Last year, the company’s best-picture hopes rested on “The Irishman.” It failed to convert even one of its 10 nominations into a win. In 2019, Netflix pushed “Roma.” It won three Oscars, including one for Alfonso Cuarón’s direction, but lost the big prize.
On Sunday, Netflix had two nominees, “Mank” and “The Trial of the Chicago 7.” Those films were competing against Zhao’s “Nomadland,” an entry from Searchlight, a division of the Walt Disney Co. The other nominees for best picture were “Sound of Metal,” “Minari,” “Promising Young Woman,” “Judas and the Black Messiah” and “The Father.”
There was nothing usual about the broadcast.
Soderbergh was not your usual Oscar producer, which is why he may have been the perfect choice for this very unusual year. He and his producing partners for the event, Stacey Sher and Jesse Collins, eschewed Zoom and implemented enough protocols to enable a mask-free environment for the nominees.
In the lead-up to Sunday, Soderbergh kept referring to the show as a three-act film. The telecast’s writing staff included “Surviving R. Kelly” filmmaker Dream Hampton and veteran writer-director Richard LaGravenese (“The Fisher King”). Presenters were referred to as “cast members.” They included Zendaya, Brad Pitt and Bong Joon Ho, last year’s winner for best director.
The ceremony has typically included performances of the five tunes nominated for best song. Not this year. Those were moved off the main stage and onto a preshow, which allowed them to be performed in their entirety.

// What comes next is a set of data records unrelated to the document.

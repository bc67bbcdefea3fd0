-- ===== src/Conductor/Webservices/Enabling.antt =====
-- iotronic/conductor/endpoints.py: enable_webservice, which opens two ports on the board's agent,
-- exposes two services on them, and sets up the proxy.
pub mod Keeping
use stack4things_openstack_i.Action.{
  Action, Exception, except_module, lift, pure, raise, ◌>>=◌, ◌>>◌,
}
use stack4things_openstack_i.Base.{ℕ, Option, String, [], if◌then◌else◌, none, some, ◌∷◌}
use stack4things_openstack_i.Conductor.Dns.{create_record_dns, dotted}
use stack4things_openstack_i.Conductor.Plugins.{found_or_none}
use stack4things_openstack_i.Conductor.Ports.{PortConfig, webservice_ports}
use stack4things_openstack_i.Conductor.Requests.{
  completed, execute_on_board, manage_result, new_req, new_res,
}
use stack4things_openstack_i.Conductor.Services.{exposed_values, port_value}
use stack4things_openstack_i.Conductor.Webservices.{
  Response, agent_call, domain_of, entity, returned, want_agent, want_online, warn,
}
use stack4things_openstack_i.Db.Boards.{get_board_by_uuid}
use stack4things_openstack_i.Db.Engine.{Engine}
use stack4things_openstack_i.Db.Schema.{Column, Value, Values}
use stack4things_openstack_i.Db.Services.{get_service_by_name}
use stack4things_openstack_i.Objects.{
  Object, check_dns_available, is_webservice_enabled, load, new_object, save_request, save_result,
  set_attr,
}
use stack4things_openstack_i.Objects.Kinds.{
  create_enabled_webservice_object, create_exposed_service_object, get_enabled_webservice,
}

-- what a new row of enabled web services holds
unfoldable enabled_values : Value → Value → Value → String → String → Values
enabled_values board_uuid http https dns zone =
    (Column.board_uuid, board_uuid)
    ∷ (Column.http_port, http)
    ∷ (Column.https_port, https)
    ∷ (Column.dns, Value.str dns)
    ∷ (Column.zone, Value.str zone)
    ∷ []

module _ ⦃E : Engine⦄ (conf : PortConfig) where
  -- one service of the module on one port, as a part of the main request
  unfoldable pub enable_part : Object → Value → Value → Value → Value → Action (Unit {0})
  unfolding execute_on_board manage_result create_exposed_service_object new_object exposed_values
  enable_part board board_uuid service_uuid port mreq_uuid = do
    res ←
        execute_on_board (board.row Column.uuid) "ServiceEnable" (service_uuid ∷ port ∷ [])
          mreq_uuid
    manage_result res (board.row Column.uuid)
    create_exposed_service_object (new_object (exposed_values board_uuid service_uuid port))
    pure tt

  -- the proxy of the agent, then the board, then the redirect
  unfoldable pub set_up_proxy :
      Object → String → String → Value → Value → Value → Value → Action (Unit {0})
  unfolding agent_call execute_on_board
  set_up_proxy board dns zone email http https mreq_uuid = do
    agent_call board "enable_webservice" (Value.str dns ∷ https ∷ http ∷ Value.str zone ∷ [])
    agent_call board "reload_proxy" []
    except_module (
        execute_on_board (board.row Column.uuid) "EnableWebService"
          (Value.str (dotted dns zone) ∷ email ∷ []) mreq_uuid)
    agent_call board "add_redirect" (Value.str dns ∷ Value.str zone ∷ [])
    agent_call board "reload_proxy" []

  -- the part that follows the choice of the ports
  unfoldable pub open_webservice :
      Object → Value → Object → String → String → Value → Value → Value → Value → Action Response
  unfolding load get_service_by_name agent_call enable_part set_up_proxy
  open_webservice board board_uuid en dns zone email http https mreq_uuid = do
    service ← load (get_service_by_name (Value.str "webservice"))
    agent_call board "addin_allowlist" (board.row Column.uuid ∷ http ∷ [])
    agent_call board "addin_allowlist" (board.row Column.uuid ∷ https ∷ [])
    enable_part board board_uuid (service.row Column.uuid) http mreq_uuid
    secure ← load (get_service_by_name (Value.str "webservice_ssl"))
    enable_part board board_uuid (secure.row Column.uuid) https mreq_uuid
    set_up_proxy board dns zone email http https mreq_uuid
    pure (entity en)

  -- two ports from the list, and a new row
  unfoldable pub enable_on :
      Object → Value → String → String → Value → Value → Option (ℕ × ℕ) → Action Response
  unfolding create_enabled_webservice_object new_object enabled_values open_webservice
  enable_on board board_uuid dns zone email mreq_uuid none =
      pure (returned Exception.not_enough_port_for_service)
  enable_on board board_uuid dns zone email mreq_uuid (some (https, http)) = do
    en ← create_enabled_webservice_object (
        new_object
          (enabled_values (board.row Column.uuid) (port_value http) (port_value https) dns zone))
    open_webservice board board_uuid en dns zone email (port_value http) (port_value https)
        mreq_uuid

  -- the ports of the row that is there, or two from the list
  unfoldable pub enable_with :
      Object → Value → String → String → Value → Value → Option Object → Action Response
  unfolding webservice_ports open_webservice enable_on
  enable_with board board_uuid dns zone email mreq_uuid (some en) =
      open_webservice board board_uuid en dns zone email (en.row Column.http_port)
        (en.row Column.https_port) mreq_uuid
  enable_with board board_uuid dns zone email mreq_uuid none = do
    ports ← webservice_ports conf
    enable_on board board_uuid dns zone email mreq_uuid ports

  -- the board has no web service module yet
  unfoldable pub enable_new : Object → Value → String → String → Value → Action Response
  unfolding new_req create_record_dns get_enabled_webservice enable_with
  enable_new board board_uuid dns zone email = do
    mreq ← new_req board "enable_webservice" Value.null 3
    except_module (create_record_dns board dns zone)
    en ← found_or_none (get_enabled_webservice (board.row Column.uuid))
    enable_with board board_uuid dns zone email (mreq.row Column.uuid) en

  -- the module is enabled already: a warning is noted as a result of a request of its own
  unfoldable pub enable_again : Object → Action Response
  unfolding new_req new_res get_enabled_webservice domain_of save_result save_request
  enable_again board = do
    mreq ← new_req board "enable_webservice" Value.null 0
    res ← new_res board (mreq.row Column.uuid)
    en ← get_enabled_webservice (board.row Column.uuid)
    domain ← lift (domain_of en)
    save_result (
        set_attr (set_attr res Column.result (Value.str "WARNING")) Column.message
          (Value.str "Webservice and dns already enabled for this device!"))
    save_request (set_attr mreq Column.status completed)
    raise (Exception.enabled_webservice_already_exists (Value.str domain))

  unfoldable pub enable_webservice : String → String → Value → Value → Action Response
  unfolding load get_board_by_uuid want_online want_agent check_dns_available is_webservice_enabled
      enable_again enable_new warn
  enable_webservice dns zone email board_uuid = do
    board ← load (get_board_by_uuid board_uuid)
    want_online board
    want_agent board
    available ← check_dns_available (Value.str dns)
    (if available
        then (do
          enabled ← is_webservice_enabled (board.row Column.uuid)
          (if enabled then enable_again board else enable_new board board_uuid dns zone email))
        else (do
          warn board "enable_webservice" "DNS already exists!"
          raise (Exception.dns_webservice_already_exists (Value.str dns))))
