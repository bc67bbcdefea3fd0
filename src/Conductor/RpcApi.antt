-- ===== src/Conductor/RpcApi.antt =====
-- iotronic/conductor/rpcapi.py: the endpoint of conductor/endpoints.py that oslo.messaging calls
-- for each message of ConductorAPI: the one of that name, or none. A call waits for the endpoint,
-- and brings back what it returns or raises.
pub mod Messages
pub mod Steps
use stack4things_openstack_i.Conductor.RpcApi.Messages.{Message}
use stack4things_openstack_i.Action.{Action, Exception, WampMessage, pure, raise, ◌>>=◌}
use stack4things_openstack_i.Base.{String, ℕ}
use stack4things_openstack_i.Conductor.Boards.{
  action_board, create_board_endpoint, destroy_board_endpoint, update_board_endpoint,
}
use stack4things_openstack_i.Conductor.Plugins.{
  action_plugin, create_fleet_endpoint, create_plugin_endpoint, create_service_endpoint,
  destroy_fleet_endpoint, destroy_plugin_endpoint, destroy_service_endpoint, inject_plugin,
  remove_plugin, status_services_on_board, update_fleet_endpoint, update_plugin_endpoint,
  update_service_endpoint,
}
use stack4things_openstack_i.Conductor.Ports.{PortConfig}
use stack4things_openstack_i.Conductor.Registration.{registration}
use stack4things_openstack_i.Conductor.Requests.{execute_on_board}
use stack4things_openstack_i.Conductor.Services.{Answer, action_service, restore_services_on_board}
use stack4things_openstack_i.Conductor.Vifs.{Vif, create_port_on_board, remove_vif_from_board}
use stack4things_openstack_i.Conductor.Webservices.{
  Response, create_webservice_endpoint, destroy_webservice_endpoint, renew_webservice,
}
use stack4things_openstack_i.Conductor.Webservices.Disabling.{disable_webservice}
use stack4things_openstack_i.Conductor.Webservices.Enabling.{enable_webservice}
use stack4things_openstack_i.Db.Engine.{Engine}
use stack4things_openstack_i.Db.Schema.{Row, Value}
use stack4things_openstack_i.Objects.{Object}

-- what an endpoint gives back
pub data Returned : Type 0 where
  nothing : Returned
  value : Value → Returned
  object : Object → Returned
  wamp : WampMessage → Returned
  response : Response → Returned
  answer : Answer → Returned
  vif : Vif → Returned
  count : ℕ → Returned

unfoldable pub returns : {A : Type 0} → (A → Returned) → Action A → Action Returned
returns g m = do a ← m; pure (g a)

-- What the endpoints need: the port range, the wamp agent's stamp and address, json.dumps, and the
-- draws of create_port_on_board before it gives up here.
pub record ConductorConf : Type 0 where
  pub ports : PortConfig
  pub stamp : Row → String → Value
  pub url : Value
  pub dumps : Value → Value
  pub fuel : ℕ

module _ ⦃E : Engine⦄ (conf : ConductorConf) where
  unfoldable pub dispatch : Message → Action Returned
  dispatch (Message.registration code session) =
      returns Returned.wamp (registration conf.stamp conf.url code session)
  dispatch (Message.connection uuid session) = raise Exception.no_such_method
  dispatch (Message.create_board board location) =
      returns Returned.object (create_board_endpoint board location)
  dispatch (Message.update_board board) = returns Returned.object (update_board_endpoint board)
  dispatch (Message.destroy_board board_id) =
      returns Returned.value (destroy_board_endpoint board_id)
  dispatch (Message.execute_on_board board_uuid rpc args) =
      returns Returned.wamp (execute_on_board board_uuid rpc args Value.null)
  dispatch (Message.action_board board_uuid action params) =
      returns Returned.value (action_board board_uuid action params)
  dispatch (Message.create_plugin plugin) =
      returns Returned.object (create_plugin_endpoint conf.dumps plugin)
  dispatch (Message.update_plugin plugin) = returns Returned.object (update_plugin_endpoint plugin)
  dispatch (Message.destroy_plugin plugin_id) =
      returns (λ _. Returned.nothing) (destroy_plugin_endpoint plugin_id)
  dispatch (Message.inject_plugin plugin_uuid board_uuid onboot) =
      returns Returned.value (inject_plugin plugin_uuid board_uuid onboot)
  dispatch (Message.remove_plugin plugin_uuid board_uuid) =
      returns Returned.value (remove_plugin plugin_uuid board_uuid)
  dispatch (Message.action_plugin plugin_uuid board_uuid action params) =
      returns Returned.value (action_plugin plugin_uuid board_uuid action params)
  dispatch (Message.create_service service) =
      returns Returned.object (create_service_endpoint service)
  dispatch (Message.update_service service) =
      returns Returned.object (update_service_endpoint service)
  dispatch (Message.destroy_service service_id) =
      returns (λ _. Returned.nothing) (destroy_service_endpoint service_id)
  dispatch (Message.action_service service_uuid board_uuid action) =
      returns Returned.answer (action_service conf.ports service_uuid board_uuid action)
  dispatch (Message.restore_services_on_board board_uuid) =
      returns Returned.count (restore_services_on_board conf.ports board_uuid)
  dispatch (Message.status_services_on_board board_uuid) =
      returns Returned.value (status_services_on_board board_uuid)
  dispatch (Message.create_port_on_board board_uuid network subnet groups) =
      returns Returned.vif (create_port_on_board conf.fuel board_uuid network subnet groups)
  dispatch (Message.remove_vif_from_board board_uuid port_uuid) =
      returns Returned.vif (remove_vif_from_board board_uuid port_uuid)
  dispatch (Message.create_fleet fleet) = returns Returned.object (create_fleet_endpoint fleet)
  dispatch (Message.update_fleet fleet) = returns Returned.object (update_fleet_endpoint fleet)
  dispatch (Message.destroy_fleet fleet_id) =
      returns (λ _. Returned.nothing) (destroy_fleet_endpoint fleet_id)
  dispatch (Message.create_webservice webservice) =
      returns Returned.response (create_webservice_endpoint webservice)
  dispatch (Message.destroy_webservice webservice_id) =
      returns (λ _. Returned.nothing) (destroy_webservice_endpoint webservice_id)
  dispatch (Message.enable_webservice dns zone email board_uuid) =
      returns Returned.response (enable_webservice conf.ports dns zone email board_uuid)
  dispatch (Message.disable_webservice board_uuid) =
      returns (λ _. Returned.nothing) (disable_webservice board_uuid)
  dispatch (Message.renew_webservice board_uuid) =
      returns Returned.response (renew_webservice board_uuid)
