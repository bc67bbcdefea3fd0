-- ===== src/Api/Utils.antt =====
-- iotronic/api/controllers/v1/utils.py, and what a request carries: the context that api/hooks.py
-- attaches to it, and the configuration that the controllers read.
pub mod Laws
use stack4things_openstack_i.Action.{Action, Exception, Result, ok, pure, raise, raised}
use stack4things_openstack_i.Base.{
  Bool, List, Option, String, [], false, if◌then◌else◌, leb, negsuc, none, not, pos, some, str_eq,
  suc, true, zero, ℕ, ℤ, ◌||◌, ◌∷◌,
}
use stack4things_openstack_i.Common.Policy.{Credentials}
use stack4things_openstack_i.Conductor.RpcApi.{ConductorConf}
use stack4things_openstack_i.Db.Boards.{get_board_by_name, get_board_by_uuid}
use stack4things_openstack_i.Db.Engine.{Engine}
use stack4things_openstack_i.Db.Fleets.{
  get_fleet_by_name, get_fleet_by_uuid, get_webservice_by_uuid,
}
use stack4things_openstack_i.Db.Plugins.{get_plugin_by_name, get_plugin_by_uuid}
use stack4things_openstack_i.Db.Query.{is_uuid_like}
use stack4things_openstack_i.Db.Schema.{Column, Row, Value, Values, truthy}
use stack4things_openstack_i.Db.Services.{
  get_port_by_name, get_port_by_uuid, get_service_by_name, get_service_by_uuid,
}
use stack4things_openstack_i.Objects.{Object, field_type, is_online, load, set_attr}

-- pecan.request.context
pub record Context : Type 0 where
  pub user_id : Value
  pub project_id : Value
  pub is_admin : Bool
  -- to_policy_values()
  pub policy_values : Credentials

pub record ApiConf : Type 0 where
  -- CONF.api.max_limit
  pub max_limit : ℕ
  -- pecan.request.public_url
  pub public_url : String
  -- created_at and updated_at, which TimestampMixin writes, as a serialised row has them
  pub timestamps : Row → List (String × Value)
  -- '%s' of wsme.Unset
  pub unset_text : String
  -- the address of the agent whose hostname is wsme.Unset, an argument that no query is made for: what
  -- the driver of the database makes of it
  pub unset_address : Result String
  pub conductor : ConductorConf

abbrev is_positive : ℤ → Bool
is_positive (pos zero) = false
is_positive (pos (suc n)) = true
is_positive (negsuc n) = false

-- min(a, b) for a bound and a positive limit
abbrev min_of : ℕ → ℤ → ℕ
min_of a (pos b) = if leb a b then a else b
min_of a (negsuc b) = a

unfoldable pub validate_limit : ℕ → Option ℤ → Result ℕ
validate_limit max_limit none = ok max_limit
validate_limit max_limit (some z) =
    if is_positive z then ok (min_of max_limit z) else raised Exception.client_side_error

unfoldable pub validate_sort_dir : String → Result String
validate_sort_dir sort_dir =
    if str_eq sort_dir "asc" || str_eq sort_dir "desc"
    then ok sort_dir
    else raised Exception.client_side_error

-- a key of a dictionary
unfoldable pub has_key : List (String × Value) → String → Bool
has_key [] k = false
has_key ((j, v) ∷ d) k = str_eq k j || has_key d k

-- some field is not a key
unfoldable pub has_invalid : List (String × Value) → List String → Bool
unfolding has_key
has_invalid d [] = false
has_invalid d (f ∷ fs) = not (has_key d f) || has_invalid d fs

unfoldable pub check_for_invalid_fields : List String → List (String × Value) → Result (Unit {0})
unfolding has_invalid
check_for_invalid_fields fields object_fields =
    if has_invalid object_fields fields then raised Exception.invalid_parameter_value else ok tt

-- if not value: raise MissingParameterValue
unfoldable pub want : Value → Action (Unit {0})
unfolding truthy
want v = if truthy v then pure tt else raise Exception.missing_parameter_value

module _ ⦃E : Engine⦄ where
  -- a uuid is looked up as one, and any other text as a name
  unfoldable pub get_rpc : (Value → Action Row) → (Value → Action Row) → String → Action Object
  unfolding load
  get_rpc by_uuid by_name ident =
      if E.is_uuid_like ident
      then load (by_uuid (Value.str ident))
      else load (by_name (Value.str ident))

  unfoldable pub get_rpc_board : String → Action Object
  unfolding get_rpc
  get_rpc_board = get_rpc get_board_by_uuid get_board_by_name

  unfoldable pub get_rpc_plugin : String → Action Object
  unfolding get_rpc
  get_rpc_plugin = get_rpc get_plugin_by_uuid get_plugin_by_name

  unfoldable pub get_rpc_service : String → Action Object
  unfolding get_rpc
  get_rpc_service = get_rpc get_service_by_uuid get_service_by_name

  -- names of web services are refused
  unfoldable pub get_rpc_webservice : String → Action Object
  unfolding load get_webservice_by_uuid
  get_rpc_webservice ident =
      if E.is_uuid_like ident
      then load (get_webservice_by_uuid (Value.str ident))
      else raise (Exception.invalid_uuid_or_name (Value.str ident))

  unfoldable pub get_rpc_port : String → Action Object
  unfolding get_rpc
  get_rpc_port = get_rpc get_port_by_uuid get_port_by_name

  unfoldable pub get_rpc_fleet : String → Action Object
  unfolding get_rpc
  get_rpc_fleet = get_rpc get_fleet_by_uuid get_fleet_by_name

  -- is_valid_board_name and is_valid_name: a name is not a uuid
  unfoldable pub is_valid_name : Value → Bool
  is_valid_name name = not (is_uuid_like name)

  -- if not is_valid_name(name): raise ClientSideError
  unfoldable pub want_name : Value → Action (Unit {0})
  unfolding is_valid_name
  want_name name = if is_valid_name name then pure tt else raise Exception.client_side_error

-- the setter of a field under try: it marks the field as changed before the type function raises
abbrev pub set_typed : Object → Column → Result Value → Object
set_typed o c (ok v) = set_attr o c v
set_typed o c (raised e) = record o { changed = c ∷ o.changed }

-- for key in values: try: target[key] = values[key]
unfoldable pub set_all : ⦃E : Engine⦄ → Object → Values → Object
unfolding field_type
set_all o [] = o
set_all o ((c, v) ∷ vs) = set_all (set_typed o c (field_type c v)) vs

-- objects/board.py: check_if_online
unfoldable pub check_if_online : Object → Action (Unit {0})
unfolding is_online
check_if_online board =
    if is_online board
    then pure tt
    else raise (Exception.board_not_connected (board.row Column.uuid))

This time, however, the academy decided to hand out two honorary Oscars during the primary show. (Since 2009, honorary statuettes have been awarded during a nontelevised banquet in the fall.) The nonprofit Motion Picture & Television Fund, which underwrites a nursing home and retirement village for aging and ailing “industry” people (actors, executives, choreographers, lighting technicians, camera operators), received one. The organization, founded in 1921 by stars like Mary Pickford and Charlie Chaplin, also provides a wide range of other services to Hollywood seniors.
The second went to Tyler Perry, who the academy cited as a “cultural influence extending far beyond his work as a filmmaker.” Perry, of course, started his entertainment career as a playwright. Since ending his popular, “Madea” film series in 2019, Perry has focused on making television shows like “Bruh,” “Sistahs” and “The Oval” for BET. He owns a studio in Atlanta.
The Dolby Theater, which holds more than 3,000 people and has been the home of the Academy Awards since 2001, was not the epicenter of the telecast. This year, with just the nominees and their guests in attendance, an Art Deco, Mission Revival train station in downtown Los Angeles served as the main venue.